# [What to produce]
Lines in the listing below that contain the string "IsHealthy" are to be found and copied.

# [Recorded information]
=== Begin Enclosure ===

-- ===== src/Host/Manager/Health.antt =====
-- What a wait for a manager has seen when it returns.
use cloudify_system_tests.Prelude.{
  ◌≡◌, ap, ◌∙◌, String, Bool, true, false, Option, none, some, ◌==◌, inl, inr, Bool-cases,
}
use cloudify_system_tests.Text.{text_in}
use cloudify_system_tests.Act.{
  Done, Error, Reply, value, fault, ok, result, catch, raise, ◌>>=◌, ◌>>◌,
}
use cloudify_system_tests.Act.Returns.{
  Returns-if, ok-injective, Fails, Returns-after, Returns-raise,
}
use cloudify_system_tests.Act.Ends.{
  Ends, Ends-bind, Ends-ok, Ends-err, Ends-if, result-ne-running, ne-running-ok,
}
use cloudify_system_tests.Act.Invert.{bind_inv, with_result}
use cloudify_system_tests.Act.Retry.{Retrying, retry_inv}
use cloudify_system_tests.Host.{
  get_remote_file, run_command, RestClient, Command, Machine, Host, effect,
}
use cloudify_system_tests.Host.Guard.{effect-Ends, guarded_inv, only_manager-Ends, caught-Ends}
use cloudify_system_tests.Host.Manager.{
  choose_protocol, close_client, fetch_ca, download_rest_ca, get_rest_client, renew_client,
  manager_attempt, check_healthy, wait_for_manager, set_client,
}

module _ {W : Type 0} (m : Machine W) where
  run-Ends : (c : Command) → Ends (run_command m c)
  unfolding run_command
  run-Ends c = record { at = λ h. result-ne-running (m.run h.vm c h.world).0 }

  choose_protocol-Ends : (proto : String) → Ends (choose_protocol m proto)
  unfolding choose_protocol
  choose_protocol-Ends proto =
      Ends-if _ _ _ (Ends-bind _ _ (effect-Ends _) λ _. Ends-ok _ _) (Ends-ok _ _)

  close_client-Ends : (client : Option RestClient) → Ends (close_client m client)
  close_client-Ends none = Ends-ok _ _
  close_client-Ends (some client) = Ends-ok _ _

  fetch_ca-Ends : (path : String) → Ends (fetch_ca m path)
  unfolding fetch_ca get_remote_file
  fetch_ca-Ends path =
      Ends-bind _ _ (Ends-bind _ _ (run-Ends _) λ _. Ends-bind _ _ (run-Ends _) λ _. effect-Ends _)
        λ _.
          Ends-bind _ _ (record { at = λ h. ne-running-ok h.vm }) λ vm. close_client-Ends vm.client

  download_rest_ca-Ends : (force : Bool) → Ends (download_rest_ca m force)
  unfolding download_rest_ca
  download_rest_ca-Ends force = only_manager-Ends _ (
      Ends-bind _ _ (record { at = λ h. ne-running-ok h.vm })
        λ vm. Ends-bind _ _ (Ends-ok _ _) λ _.
          Ends-bind _ _ (record { at = λ h. ne-running-ok _ })
            λ there.
              Ends-if _ _ _ (Ends-ok _ _)
                (Ends-bind _ _ (Ends-if _ _ _ (Ends-ok _ _) (Ends-ok _ _)) λ _. fetch_ca-Ends _))

  get_rest_client-Ends :
      (username password tenant : Option String) (proto : String) (download_ca : Bool)
      → Ends (get_rest_client m username password tenant proto download_ca)
  unfolding get_rest_client
  get_rest_client-Ends username password tenant proto download_ca = only_manager-Ends _ (
      Ends-bind _ _ (choose_protocol-Ends proto) λ protocol.
        Ends-bind _ _ (Ends-if _ _ _ (download_rest_ca-Ends false) (Ends-ok _ _))
          λ _. Ends-bind _ _ (record { at = λ h. ne-running-ok h.vm }) λ vm. Ends-ok _ _)

  renew_client-Ends : (e : Error) → Ends (renew_client m e)
  unfolding renew_client
  renew_client-Ends e =
      Ends-if _ _ _
        (Ends-bind _ _ (get_rest_client-Ends none none none "auto" true)
          λ _. Ends-bind _ _ (Ends-ok _ _) λ _. Ends-err _)
        (Ends-err _)

  -- a client is made anew for the next attempt: this one fails all the same
  renew_client-Fails : (e : Error) → Fails (renew_client m e)
  unfolding renew_client
  renew_client-Fails e =
      Returns-if (text_in "SSL must be used" (m.show_error e))
        (get_rest_client m none none none "auto" true >>= λ client. set_client client >> raise e)
        (raise e) (λ _. Returns-after _ _ λ _. Returns-after _ _ λ _. Returns-raise _)
        (λ _. Returns-raise _)

  manager_attempt-Ends : Ends (manager_attempt m)
  unfolding manager_attempt
  manager_attempt-Ends = Ends-bind _ _ (run-Ends _) λ _. Ends-bind _ _ (run-Ends _) λ _.
      Ends-bind _ _
        (record {
          at = λ h.
              caught-Ends _ (renew_client m) _
                (result-ne-running (m.get_status h.vm.client h.world).0) renew_client-Ends;
        })
        λ status. Ends-if _ _ _ (Ends-ok _ _) (Ends-err _)

  -- The world is one that the manager has just reported to be healthy in.
  IsHealthy : W → Type 0
  IsHealthy t =
      (client : Option RestClient) × (w : W) × (status : String) × (m.get_status client w
        ≡ (value status, t))
      × ((status == "OK") ≡ true)

  status_seen :
      (g t : Host W) (status : String) (x : Reply String) (w : W)
      → catch (λ u. (result x, record u { world = w })) (renew_client m) g ≡ (ok status, t)
      → ◌≡◌ {A = Reply String × W} (x, w) (value status, t.world)
  status_seen g t status (value s) w e =
      ap (λ b. (value b, w)) (ok-injective (ap (λ q. q.0) e))
      ∙ ap (λ q. (value status, q.1.world)) e
  status_seen g t status (fault x) w e =
      absurd ((renew_client-Fails x).at _ status (ap (λ q. q.0) e))

  healthy :
      (status : String) (h t : Host W)
      → check_healthy m status h ≡ (ok tt, t)
      → ((status == "OK") ≡ true) × (h ≡ t)
  healthy status h t e = elim (Bool-cases (status == "OK")) [
    | inl fine ↦ (fine, ap (λ q. q.1) (rw fine at e))
    | inr broken ↦ cc (ap (λ q. q.0) (rw broken at e))
  ]

  asked :
      (status : String) (g t : Host W)
      → (catch (effect (λ v. m.get_status v.client)) (renew_client m) g).0 ≡ ok status
      → check_healthy m status (catch (effect (λ v. m.get_status v.client)) (renew_client m) g).1
        ≡ (ok tt, t)
      → IsHealthy t.world
  unfolding IsHealthy
  asked status g t answered e =
      let seen = catch (effect (λ v. m.get_status v.client)) (renew_client m) g in
      let (fine, same) = healthy status seen.1 t e in
      (
        g.vm.client,
        g.world,
        status,
        status_seen g seen.1 status (m.get_status g.vm.client g.world).0
              (m.get_status g.vm.client g.world).1 (with_result seen (ok status) answered)
            ∙ ap (λ u. (value status, u.world)) same,
        fine,
      )

  attempt-IsHealthy : (g t : Host W) → manager_attempt m g ≡ (ok tt, t) → IsHealthy t.world
  unfolding manager_attempt
  attempt-IsHealthy g t e =
      let (_, _, e1) = bind_inv _ _ g t tt e in
      let (_, _, e2) = bind_inv _ _ _ t tt e1 in
      let (status, answered, e3) =
        bind_inv (catch (effect (λ v. m.get_status v.client)) (renew_client m)) (check_healthy m) _
          t tt e2 in
      asked status _ t answered e3

  -- A wait for the manager that returns has ended with an answer of the manager that it is healthy.
  wait_for_manager-IsHealthy :
      (r : Retrying (Host W)) (h t : Host W)
      → wait_for_manager m r h ≡ (ok tt, t)
      → IsHealthy t.world
  unfolding wait_for_manager
  wait_for_manager-IsHealthy r h t e =
      let (g, seen) =
        retry_inv r Done 5000 (manager_attempt m) (λ s. manager_attempt-Ends.at s) 59 h t tt
          (guarded_inv _ h t tt e) in
      attempt-IsHealthy g t seen
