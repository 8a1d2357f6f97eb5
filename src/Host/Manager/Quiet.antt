-- ===== src/Host/Manager/Quiet.antt =====
-- Making a REST client sends no commands to the machine but those that copy a file to be read.
use mathlib.Core.Path.{subst}
use mathlib.Core.List.{append_assoc, append-nil}
use cloudify_system_tests.Host.Guard.{only_manager-other, only_manager-manager}
use cloudify_system_tests.Prelude.{
  inr, inl, sym, All, List, [], ◌∷◌, ◌++◌, ◌⊎◌, Bool-cases, ◌≡◌, refl, ap, ◌∙◌, String, Bool,
  Option, none, some, if◌then◌else◌,
}
use cloudify_system_tests.Act.{Reply, Act, pass, pure, gets, ◌>>=◌}
use cloudify_system_tests.Act.Moves.{Moves, Moves-bind, Moves-if}
use cloudify_system_tests.Host.{
  run_command, get_remote_file, Command, copy_command, chmod_command, Host, RestClient, Vm, Machine,
  effect, only_manager, set_vm, get_vm, set_world,
}
use cloudify_system_tests.Host.Manager.{
  choose_protocol, close_client, fetch_ca, download_rest_ca, get_rest_client,
}

pub All-append :
    {A : Type 0} (P : A → Type 0) (xs ys : List A) → All P xs → All P ys → All P (xs ++ ys)
All-append P [] ys a b = b
All-append P (x ∷ xs) ys a b = (a.0, All-append P xs ys a.1 b)

-- The commands of `get_remote_file`.
abbrev pub IsReading : Command → Type 0
IsReading c =
    ((path : String) × (tmp : String) × (c ≡ copy_command path tmp))
    ⊎ ((tmp : String) × (c ≡ chmod_command tmp))

module _ {W : Type 0} where
  -- Only commands of `get_remote_file` have been sent to the machine.
  abbrev pub Quiet : Host W → Host W → Type 0
  Quiet g h = (cs : List Command) × (h.sent ≡ g.sent ++ cs) × All IsReading cs

  pub Quiet-refl : (g : Host W) → Quiet g g
  Quiet-refl g = ([], sym (append-nil g.sent), tt)

  pub Quiet-trans : (g h k : Host W) → Quiet g h → Quiet h k → Quiet g k
  Quiet-trans g h k (cs, p, a) (ds, q, b) = (
    cs ++ ds,
    q ∙ ap (λ x. x ++ ds) p ∙ append_assoc g.sent cs ds,
    All-append IsReading cs ds a b,
  )

  Quiet-bind :
      {A B : Type 0} (m : Act (Host W) A) (f : A → Act (Host W) B)
      → Moves Quiet m
      → ((a : A) → Moves Quiet (f a))
      → Moves Quiet (m >>= f)
  Quiet-bind = Moves-bind Quiet Quiet-refl Quiet-trans

  Quiet-if :
      {A : Type 0} (b : Bool) (m n : Act (Host W) A)
      → Moves Quiet m
      → Moves Quiet n
      → Moves Quiet (if b then m else n)
  Quiet-if = Moves-if Quiet Quiet-refl Quiet-trans

  Quiet-only_manager :
      {A : Type 0} (m : Act (Host W) A) → Moves Quiet m → Moves Quiet (only_manager m)
  unfolding only_manager
  Quiet-only_manager m h = record {
    at = λ g. elim (Bool-cases g.vm.is_manager) [
      | inl manager ↦ subst (λ x. Quiet g x.1) (sym (only_manager-manager m g manager)) (h.at g)
      | inr other ↦ subst (λ x. Quiet g x.1) (sym (only_manager-other m g other)) (Quiet-refl g)
    ];
  }

  Quiet-run : (m : Machine W) (c : Command) → IsReading c → Moves Quiet (run_command m c)
  unfolding run_command
  Quiet-run m c reading = record { at = λ g. (c ∷ [], refl, (reading, tt)) }

  Quiet-effect : {A : Type 0} (call : Vm → W → Reply A × W) → Moves Quiet (effect call)
  Quiet-effect call = record { at = λ g. Quiet-refl g }

  Quiet-pass : Moves Quiet pass
  Quiet-pass = record { at = λ g. Quiet-refl g }

  Quiet-pure : {A : Type 0} (a : A) → Moves Quiet (pure a)
  Quiet-pure a = record { at = λ g. Quiet-refl g }

  Quiet-get_vm : Moves Quiet get_vm
  Quiet-get_vm = record { at = λ g. Quiet-refl g }

  Quiet-gets : {A : Type 0} (f : Host W → A) → Moves Quiet (gets f)
  Quiet-gets f = record { at = λ g. Quiet-refl g }

  Quiet-set_vm : (f : Vm → Vm) → Moves Quiet (set_vm f)
  Quiet-set_vm f = record { at = λ g. Quiet-refl g }

  Quiet-set_world : (f : W → W) → Moves Quiet (set_world f)
  Quiet-set_world f = record { at = λ g. Quiet-refl g }

module _ {W : Type 0} (m : Machine W) where
  choose_protocol-Quiet : (proto : String) → Moves Quiet (choose_protocol m proto)
  unfolding choose_protocol
  choose_protocol-Quiet proto = search (Quiet-if, Quiet-bind, Quiet-effect, Quiet-pure)

  close_client-Quiet : (c : Option RestClient) → Moves Quiet (close_client m c)
  close_client-Quiet none = Quiet-pass
  close_client-Quiet (some c) = Quiet-set_world (m.close_session c)

  get_remote_file-Quiet : (remote local : String) → Moves Quiet (get_remote_file m remote local)
  unfolding get_remote_file
  get_remote_file-Quiet remote local =
      Quiet-bind _ _ (Quiet-run m _ (inl (_, _, refl)))
        λ _. Quiet-bind _ _ (Quiet-run m _ (inr (_, refl))) λ _. Quiet-effect _

  fetch_ca-Quiet : (path : String) → Moves Quiet (fetch_ca m path)
  unfolding fetch_ca
  fetch_ca-Quiet path = search (Quiet-bind, get_remote_file-Quiet, Quiet-get_vm, close_client-Quiet)

  download_rest_ca-Quiet : (force : Bool) → Moves Quiet (download_rest_ca m force)
  unfolding download_rest_ca
  download_rest_ca-Quiet force =
      search
        (
          Quiet-only_manager, Quiet-bind, Quiet-if, Quiet-get_vm, Quiet-set_vm, Quiet-gets,
          Quiet-pass, Quiet-set_world, fetch_ca-Quiet,
        )
        depth 9

  pub get_rest_client-Quiet :
      (username password tenant : Option String) (proto : String) (ca : Bool)
      → Moves Quiet (get_rest_client m username password tenant proto ca)
  unfolding get_rest_client
  get_rest_client-Quiet username password tenant proto ca =
      search
        (
          Quiet-only_manager, Quiet-bind, Quiet-if, Quiet-get_vm, Quiet-pure, Quiet-pass,
          choose_protocol-Quiet, download_rest_ca-Quiet,
        )
        depth 9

=== End Enclosure ===

# [Result below]
  IsHealthy : W → Type 0
  IsHealthy t =
      → IsHealthy t.world
  unfolding IsHealthy
  attempt-IsHealthy : (g t : Host W) → manager_attempt m g ≡ (ok tt, t) → IsHealthy t.world
  attempt-IsHealthy g t e =
  wait_for_manager-IsHealthy :
      → IsHealthy t.world
  wait_for_manager-IsHealthy r h t e =
      attempt-IsHealthy g t seen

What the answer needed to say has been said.